The word going around is that the police followed protesters home from a legal street protest encompassing animal rights and vivisection (animal testing by inflicting distress unto an animal to research the effects of a variable). Had this been any other form of protest, these people would not have received the same treatment: being surrounded, having strangers nosing around your windows, having their doors and windows broken, having armored police officers enter their homes pointing automatic rifles in the faces of unarmed house-members without warrant for search, being arrested without charges, and having box loads of personal property stolen from their house, not to mention any technological surveillance equipment installed while the house-members were being held hostage inside a secluded room of the house. But because Animal Rights or intelligent speech about it is sooo very much harmful to our government and commerce, it must be suppressed at all costs regardless of individual freedoms, constitutionally determined rights and laws.

I feel that if protests were treated regardless of content, first no search warrant or other intimidation tactic would be used, and even if so, the protesters on the sidewalk this night (the same fashion as the protests of earlier that day) would have warranted the same police behavior, targeting all of them as intelligent members of society.

A man who lived on the opposite side of the block, sharing the same fence, said he believed the police assault-team clearly trespassed onto his property to cross into the targets' house, and may have also damaged the fence crossing. Another house may have also sustained police-inflicted property damage, but the owner could not be found to comment.

The Santa Cruz Police are THUGS, and will do anything they are ordered to do. One police officer stated, "I'm just doing my job." Yeah? That's the excuse Nazi's used when they murdered minorities throughout Europe.

Welcome to your police-state. The people are waking up to a world of fascism, where order is enforced rather than community safety.

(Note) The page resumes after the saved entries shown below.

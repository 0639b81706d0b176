-- ===== src/Orchestrator/Jobs/Waiting.antt =====
-- crates/engine/src/orchestrator/mod.rs: a job that calls `notified` after the job it waits for has
-- finished.
use alac_bot.Prelude.{
  ℕ, ◌≡◌, Bool, true, false, Option, none, some, arith, ◌==◌, Bool-cases, Option-cases, inl, inr,
  refl, ◌⊎◌, ◌≢◌,
}
use alac_bot.Prelude.Text.{Text}
use alac_bot.Orchestrator.Jobs.{
  Engine, Stage, RunResult, Step, begins, lists, looks_up, claims, registers, resumes,
  gives_up_waiting, gives_up_woken, finishes, reads, closes, unlists, releases, cancels, Reach,
  here, next, new_job, admit, let_in, RipJobOptions, begin_job, list_job, lookup, claim, register,
  give_up_wait, finish_job, read_cancelled, close_job, unlist, release_admission, cancel_job,
  terminalize, after_lookup, is_cancellable, TerminalJobState, OrchestratorError, wake,
  notify_waiters, go_to,
}

-- The entry of the job has been removed, and its waiters notified.
abbrev pub is_past : Stage → Bool
is_past (Stage.finished r) = true
is_past (Stage.closing r c) = true
is_past (Stage.settled r) = true
is_past (Stage.unlisted r) = true
is_past (Stage.returned r) = true
is_past s = false

abbrev pub has_begun : Stage → Bool
has_begun Stage.absent = false
has_begun s = true

-- The job `id` still waits for `w`, which is past, or has been cancelled.
abbrev pub IsStuck : Engine → ℕ → ℕ → Type 0
IsStuck e id w =
    (e.stage id ≡ Stage.waiting w)
    ⊎ (((e.shared id).is_cancelled ≡ true) × (has_begun (e.stage id) ≡ true))

abbrev pub Passed : Engine → ℕ → ℕ → Type 0
Passed e id w = (is_past (e.stage w) ≡ true) × IsStuck e id w

wake-is_past : (i : ℕ) (s : Stage) → is_past s ≡ true → is_past (wake i s) ≡ true
unfolding wake
wake-is_past i (Stage.waiting v) h = ground arith
wake-is_past i s h = h

wake-has_begun : (i : ℕ) (s : Stage) → has_begun s ≡ true → has_begun (wake i s) ≡ true
unfolding wake
wake-has_begun i (Stage.waiting v) h = ground arith
wake-has_begun i s h = h

wake-waiting : (i v : ℕ) → (i == v) ≡ false → wake i (Stage.waiting v) ≡ Stage.waiting v
unfolding wake
wake-waiting i v h = ground arith

module _ (id w : ℕ) where
  go_to-Passed :
      (e : Engine) (i : ℕ) (s : Stage)
      → (is_past (e.stage i) ≡ true → is_past s ≡ true)
      → e.stage i ≢ Stage.waiting w
      → has_begun s ≡ true
      → Passed e id w
      → Passed (go_to i s e) id w
  go_to-Passed e i s p q b (a, inl h) = (ground arith, inl (ground arith))
  go_to-Passed e i s p q b (a, inr h) = (ground arith, inr (h.0, ground arith))

  let_in-Passed :
      (e : Engine) (i : ℕ) (o : RipJobOptions)
      → e.stage i ≡ Stage.absent
      → Passed e id w
      → Passed (let_in i o e) id w
  unfolding let_in new_job
  let_in-Passed e i o q (a, inl h) = (ground arith, inl (ground arith))
  let_in-Passed e i o q (a, inr h) = (ground arith, inr (ground arith, ground arith))

  begin_job-Passed :
      (e : Engine) (i : ℕ) (o : RipJobOptions)
      → e.stage i ≡ Stage.absent
      → Passed e id w
      → Passed (begin_job i o e) id w
  unfolding begin_job
  begin_job-Passed e i o q k = elim (Bool-cases o.is_supported) [
    | inr s ↦ rw s (rejected _)
    | inl s ↦ elim (Option-cases (admit o e.admissions)) [
      | inr a ↦ rw (s, a.1) (rejected _)
      | inl a ↦ rw (s, a) (let_in-Passed e i o q k)
    ]
  ]
    where
      rejected : (r : RunResult) → Passed (go_to i (Stage.rejected r) e) id w
      rejected r =
          go_to-Passed e i (Stage.rejected r) (λ h. ground arith) (λ h. ground arith) refl k

  register-Passed :
      (e : Engine) (i v : ℕ)
      → e.stage i ≡ Stage.found v
      → Passed e id w
      → Passed (register i v e) id w
  unfolding register
  register-Passed e i v q (a, inl h) = (ground arith, inl (ground arith))
  register-Passed e i v q (a, inr h) = (ground arith, inr (ground arith, ground arith))

  terminalize-Passed :
      (e : Engine) (i : ℕ) (r : RunResult) (state : TerminalJobState) (summary : Option ℕ)
      (error : Option OrchestratorError)
      → (e.stage i ≡ Stage.waiting w → (e.shared i).is_cancelled ≡ true)
      → Passed e id w
      → Passed (go_to i (Stage.settled r) (terminalize i state summary error e)) id w
  unfolding terminalize
  terminalize-Passed e i r state summary error q (a, inl h) = elim (Bool-cases (id == i)) [
    | inl g ↦ (ground arith, inr (ground (arith, q), ground arith))
    | inr g ↦ (ground arith, inl (ground arith))
  ]
  terminalize-Passed e i r state summary error q (a, inr h) =
      (ground arith, inr (ground arith, ground arith))

  close_job-Passed :
      (e : Engine) (i : ℕ) (r : RunResult) (c : Bool)
      → e.stage i ≡ Stage.closing r c
      → Passed e id w
      → Passed (close_job i r c e) id w
  unfolding close_job
  close_job-Passed e i r true q =
      terminalize-Passed e i r TerminalJobState.cancelled none none (λ p. ground arith)
  close_job-Passed e i (RunResult.ok n) false q =
      terminalize-Passed e i _ TerminalJobState.completed (some n) none (λ p. ground arith)
  close_job-Passed e i (RunResult.err x) false q =
      terminalize-Passed e i _ TerminalJobState.failed none (some x) (λ p. ground arith)

  notify_waiters-Passed :
      (e : Engine) (i : ℕ)
      → (i == w) ≡ false
      → Passed e id w
      → Passed (record e { stage = notify_waiters i e.stage }) id w
  unfolding notify_waiters
  notify_waiters-Passed e i g (a, inl h) =
      (wake-is_past i (e.stage w) a, inl (rw h (wake-waiting i w g)))
  notify_waiters-Passed e i g (a, inr h) =
      (wake-is_past i (e.stage w) a, inr (h.0, wake-has_begun i (e.stage id) h.1))

  finish_job-Passed :
      (e : Engine) (i : ℕ) (r : RunResult)
      → e.stage i ≡ Stage.running
      → Passed e id w
      → Passed (finish_job i r e) id w
  unfolding finish_job notify_waiters
  finish_job-Passed e i r q k =
      go_to-Passed (record e { stage = notify_waiters i e.stage }) i (Stage.finished r) (λ h. refl)
        (λ h. unfold wake in ground (arith, q)) refl
        (notify_waiters-Passed e i (ground (arith, k.0)) k)

  cancel_job-Passed :
      (e : Engine) (i : ℕ) (by : Option Text) → Passed e id w → Passed (cancel_job i by e).1 id w
  unfolding cancel_job
  cancel_job-Passed e i by (a, b) = elim (Bool-cases (is_cancellable i e)) [
    | inr h ↦ rw h (a, b)
    | inl h ↦ rw h (a, elim b [ inl g ↦ inl g | inr g ↦ inr (ground arith, g.1) ])
  ]

  Step-Passed : {e f : Engine} → Step e f → Passed e id w → Passed f id w
  unfolding list_job lookup claim give_up_wait read_cancelled unlist release_admission
  Step-Passed {e} (begins i o q) k = begin_job-Passed e i o q k
  Step-Passed {e} (lists i q) k = go_to-Passed e i _ (λ h. ground arith) (λ h. ground arith) refl k
  Step-Passed {e} (looks_up i q) k =
      go_to-Passed e i _ (λ h. ground arith) (λ h. ground arith) (begun _) k
    where
      begun : (x : Option ℕ) → has_begun (after_lookup x) ≡ true
      begun none = refl
      begun (some v) = refl
  Step-Passed {e} (claims i q) k = go_to-Passed e i _ (λ h. ground arith) (λ h. ground arith) refl k
  Step-Passed {e} (registers i v q) k = register-Passed e i v q k
  Step-Passed {e} (resumes i v q) k =
      go_to-Passed e i _ (λ h. ground arith) (λ h. ground arith) refl k
  Step-Passed {e} (gives_up_waiting i v q c) k =
      terminalize-Passed e i _ TerminalJobState.cancelled none none (λ h. c) k
  Step-Passed {e} (gives_up_woken i v q c) k =
      terminalize-Passed e i _ TerminalJobState.cancelled none none (λ h. c) k
  Step-Passed {e} (finishes i r q) k = finish_job-Passed e i r q k
  Step-Passed {e} (reads i r q) k = go_to-Passed e i _ (λ h. refl) (λ h. ground arith) refl k
  Step-Passed {e} (closes i r c q) k = close_job-Passed e i r c q k
  Step-Passed {e} (unlists i r q) k = go_to-Passed e i _ (λ h. refl) (λ h. ground arith) refl k
  Step-Passed {e} (releases i r q) k = go_to-Passed e i _ (λ h. refl) (λ h. ground arith) refl k
  Step-Passed {e} (cancels i by) k = cancel_job-Passed e i by k

  Reach-Passed : {e f : Engine} → Reach e f → Passed e id w → Passed f id w
  Reach-Passed here k = k
  Reach-Passed (next r s) k = Step-Passed s (Reach-Passed r k)

-- A job that has started to wait for a job whose entry is already removed is never woken: whatever
-- happens from then on, it still waits, unless it was cancelled.
pub Reach-IsStuck :
    {e f : Engine} (id w : ℕ)
    → e.stage id ≡ Stage.waiting w
    → is_past (e.stage w) ≡ true
    → Reach e f
    → (f.stage id ≡ Stage.waiting w)
      ⊎ (((f.shared id).is_cancelled ≡ true) × (has_begun (f.stage id) ≡ true))
Reach-IsStuck id w h p r = (Reach-Passed id w r (p, inl h)).1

(I had heard that the landlord of the house had given police a door key to avoid the cost of replacing the door when the police smashed it in, but they smashed the windows in anyway because it scares the shit out of those who live there. Police do not work for justice so much as for intimidation and thuggery. They will go out of there way to keep the people in fear and subsequently in line. Once you realize a police does not even support your interests, and is rather a grunt to maintain a productive economy, then you will also realize the state of control they have over the general people.)